As part of my research I examined 8 scholarly articles in detail, examining the varying claims about gendered spaces within the home and the ways these gendered landscapes impacted children. Authors such as Blunt (2005), Witt (1997) and Bowlby (1997) discuss the home as the primary space in which identities are formed and from this they are projected into the public realm. Each of these authors discusses explicitly the role of gender within the home in determining the identities that boys and girls form. For example, the supposed role of women in the domestic space influences girls that grow up around this, reinforcing gender roles among their peers. Gagen (2000) discusses this at length, studying the differing play practices among boys and girls and developing understandings of the ways in which home life may impact this. Gagen (2000; 610) notes that girls were encouraged more so to ‘contain within their evolutionary history…instinct to care, procreate, and keep home.’ Following this, Gagen (2000) explains that these expectations were carried into the play practices of girls, who were often encouraged to engage in play activities that involved tea parties and looking after younger children. Witt (1997) offers further discussion of the reinforcement of gender roles, labelling the home as the primary space in which children learn attitudes and behaviours to gender roles. This, she argues, is then reinforced by peers as children enter school, involving themselves in the types of play practices discussed by Gagen (2000). Witt (1997) also finds that pre-school children whose mothers work outside the home experience the world with a view that everyone in the family has access to the outside world and that they grow to understand they can make choices in life in which their gender does not hinder them. The idea of gender roles as representing a hinderance offers a crucial point of view, as it is clear that the gender roles seen in the home influence children’s understandings of their capabilities. The ways in which the writings of Gagen (2000) and Witt (1997) intertwine with each other hint at a recurring theme throughout the literature; children will extrapolate and apply their experiences of the home to their experiences of public spaces.
Also linked to the capabilities of each gender is the work of Valentine (1997) who discusses how the attitudes of parents towards boys’ and girls’ respective vulnerabilities in public space vary. It is argued that for parents, the ability of their children to navigate public space is dependant upon their gender, and that girls are more capable than boys. Valentine (1997) argues that girls appear to be more capable of navigating public space safely than boys because they are thought to have greater self awareness and sexual-maturity than boys who are seen as more irrational and irresponsible. These findings offer a contrast to what is generally discussed within the literature, suggesting in fact that boys, who are traditionally seen as more adventurous than girls are not as capable in public space. In this way, Valentine (1997) offers a counter-narrative, suggesting perhaps that in some instances the gender roles of their parents do not apply to the childs ability to navigate public space. Like much of this literature, Valentine’s (1997) idea’s are countered by the work of Simmons (2015) who discusses the lives of young black girls in New Orleans.
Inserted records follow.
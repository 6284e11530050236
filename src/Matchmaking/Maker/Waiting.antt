-- ===== src/Matchmaking/Maker/Waiting.antt =====
-- A user who is in `uuid_to_gamemode_` of the match maker (src/server/match-maker.cpp), the tasks that
-- take the user off it, and the effects that pass the user to a strategy.
pub mod Runs
use silent_tanks.Base.{
  ℕ, ◌+◌, ◌%◌, ◌==◌, ◌≡◌, ltb, ◌&&◌, Option-cases, Bool, true, false, if◌then◌else◌, List, [], ◌∷◌,
  ◌++◌, map, length, refl, sym, ap, ◌∙◌, arith, inl, inr, Bool-cases, none, some, ==_iff, subst,
}
use silent_tanks.Matchmaking.Types.{
  GameMode, Session, Lookup, insert, erase, is_some, contains, queued,
}
use silent_tanks.Matchmaking.Types.Lookups.{is_some-if, is_some-unless}
use silent_tanks.Matchmaking.Maker.{
  Maker, Effect, deliver, queue_up, take_off, notify_start, notify_finished, start_match, shut_down,
  give_command, forfeit_player, match_message, record_result, shut_down_done, new_maker, enqueue,
  cancel_task, route_impl, send_match_message, forfeit_impl, async_shutdown, live_players,
  enter_players, make_match, leave_players, start_notices, take_results, match_creation_error,
}
use silent_tanks.Matchmaking.Maker.Steps.{
  MakerTask, enqueue_call, cancel_call, cancel_posted, route_posted, forfeit_posted, message_posted,
  make_posted, results_posted, shutdown_posted, maker_step, maker_run,
}
use silent_tanks.Matchmaking.Maker.Disjoint.{IsDisjoint, maker_run-IsDisjoint, run-keeps}

-- Does the call or the task take the user `u` off the queue?
unfoldable pub takes_off : ℕ → MakerTask → Bool
unfolding queued
takes_off u (cancel_call p mode) = u == p.user_id
takes_off u (make_posted is_live made players) = queued u players
takes_off u (enqueue_call p mode) = false
takes_off u (cancel_posted p called_by_user) = false
takes_off u (route_posted p) = false
takes_off u (forfeit_posted p) = false
takes_off u (message_posted p user_id) = false
takes_off u (results_posted match_id mode user_ids) = false
takes_off u shutdown_posted = false

unfoldable pub any_takes_off : ℕ → List MakerTask → Bool
unfolding takes_off
any_takes_off u [] = false
any_takes_off u (t ∷ ts) = if takes_off u t then true else any_takes_off u ts

-- Does the effect pass a session of the user `u` to a strategy?
unfoldable pub asks : ℕ → Effect → Bool
asks u (queue_up mode p) = u == p.user_id
asks u e = false

unfoldable pub passed_on : ℕ → List Effect → Bool
unfolding asks
passed_on u [] = false
passed_on u (e ∷ es) = if asks u e then true else passed_on u es

-- Does one of the tasks pass a session of the user `u` to a strategy?
unfoldable pub ever_passed_on : ℕ → Maker → List MakerTask → Bool
unfolding maker_step passed_on
ever_passed_on u m [] = false
ever_passed_on u m (t ∷ ts) =
    let (m', effects) = maker_step m t in
    if passed_on u effects then true else ever_passed_on u m' ts

-- The user `u` stays in `uuid_to_gamemode_`, and is not passed to a strategy.
abbrev pub Stays : ℕ → Maker × List Effect → Type 0
Stays u (m, effects) = (contains m.uuid_to_gamemode u ≡ true) × (passed_on u effects ≡ false)

pub passed_on-append :
    (u : ℕ) (es fs : List Effect)
    → passed_on u es ≡ false
    → passed_on u fs ≡ false
    → passed_on u (es ++ fs) ≡ false
unfolding passed_on
passed_on-append u [] fs here there = there
passed_on-append u (e ∷ es) fs here there = elim (Bool-cases (asks u e)) [
  | inl asked ↦ absurd (ground (arith, rw asked at here))
  | inr other ↦ rw other (passed_on-append u es fs (rw other at here) there)
]

pub passed_on-map {ℓ} :
    {A : Type ℓ} (u : ℕ) (f : A → Effect) (xs : List A)
    → ((a : A) → asks u (f a) ≡ false)
    → passed_on u (map f xs) ≡ false
unfolding passed_on
passed_on-map u f [] h = refl
passed_on-map u f (x ∷ xs) h = rw (h x) (passed_on-map u f xs h)

pub starts-quiet : (u i : ℕ) (ps : List Session) → passed_on u (start_notices i ps) ≡ false
unfolding passed_on start_notices
starts-quiet u i [] = refl
starts-quiet u i (p ∷ ps) = starts-quiet u (i + 1) ps

pub entries-quiet :
    (u i : ℕ) (matches : Lookup ℕ) (ps : List Session)
    → passed_on u (enter_players i matches ps).1 ≡ false
unfolding passed_on enter_players
entries-quiet u i matches [] = refl
entries-quiet u i matches (p ∷ ps) = entries-quiet u i (insert matches p.user_id i) ps

pub leavers-quiet :
    (u : ℕ) (mode : GameMode) (matches : Lookup ℕ) (us : List ℕ)
    → passed_on u (leave_players mode matches us).1 ≡ false
unfolding passed_on leave_players
leavers-quiet u mode matches [] = refl
leavers-quiet u mode matches (k ∷ us) = leavers-quiet u mode (erase matches k) us

pub erase-keeps {ℓ} :
    {A : Type ℓ} (m : Lookup A) (k u : ℕ)
    → (u == k) ≡ false
    → contains m u ≡ true
    → contains (erase m k) u ≡ true
erase-keeps m k u other has = is_some-unless (u == k) (m u) ∙ rw other has

pub live_players-keeps :
    (is_live : ℕ → Bool) (modes : Lookup GameMode) (ps : List Session) (u : ℕ)
    → queued u ps ≡ false
    → contains modes u ≡ true
    → contains (live_players is_live modes ps).0 u ≡ true
unfolding live_players queued
live_players-keeps is_live modes [] u other has = has
live_players-keeps is_live modes (p ∷ ps) u other has = elim (Bool-cases (u == p.user_id)) [
  | inl same ↦ absurd (ground (arith, rw same at other))
  | inr apart ↦
      let here = erase-keeps modes p.user_id u apart has in
      elim (Bool-cases (is_live p.id)) [
        | inl live ↦
            rw live
              (live_players-keeps is_live (erase modes p.user_id) ps u (rw apart at other) here)
        | inr dead ↦ rw dead here
      ]
]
In Simmons’ (2015) account, the accessibility of public space is severely limited for girls, quite different from the observations of Valentine (1997). Through examining this I was able to understand the ways in which attitudes may have changed over time, alluding to themes of race, class and segregation. In this sense, the experiences of children in public space was dependent upon the period of time and the social aspects that existed at different times.
Simmons (2015) is explored in more depth here:
Munro and Madigan (1999) and Llewellyn (2004) discuss the physical layout of homes and the ways in which this can reinforce gender roles. Llewellyn (2004) claims that in home design and architecture the kitchen is considered the ‘workshop of woman, and the arena in which most of the problems were found.’ Munro and Madigan (1999) add to this, suggesting certain styles of housing reflect the ideals of a bourgeois family with strict boundaries between public and private, masculine and feminine. They also attempt to understand how families ‘negotiate their relationships within the limitations imposed by the physical space of a conventional suburban home.’ This focus on the phycial layout of the home suggests that gendered landscapes of the home are not just a social construct but are ingrained into the structure of the home. The image below corresponds to this research, showing a typical layout of a home. Note the kitchen (female space) toward the back of the house.
It is clear that within academia the home is considered one of the most prominent spaces in which the lives of children are influenced, alongside the breadth of literature discussing the home as a gendered space, I am able to infer that gendered landscapes of the home are a major influence on the lives of children. While some of the literature shares similarities and differences, the experiences of children appear to be very much determined by their parents and consequently the homes they grew up in. Because of the gender roles of the period of history being examined, it is clear that patriarchal ideas were rife and as a result the lives of children were greatly impacted, impacting areas of their lives such as school, peer relations, play practices, accessibility to public space and perhps most importantly, their perceptions of gender as they progress into adulthood.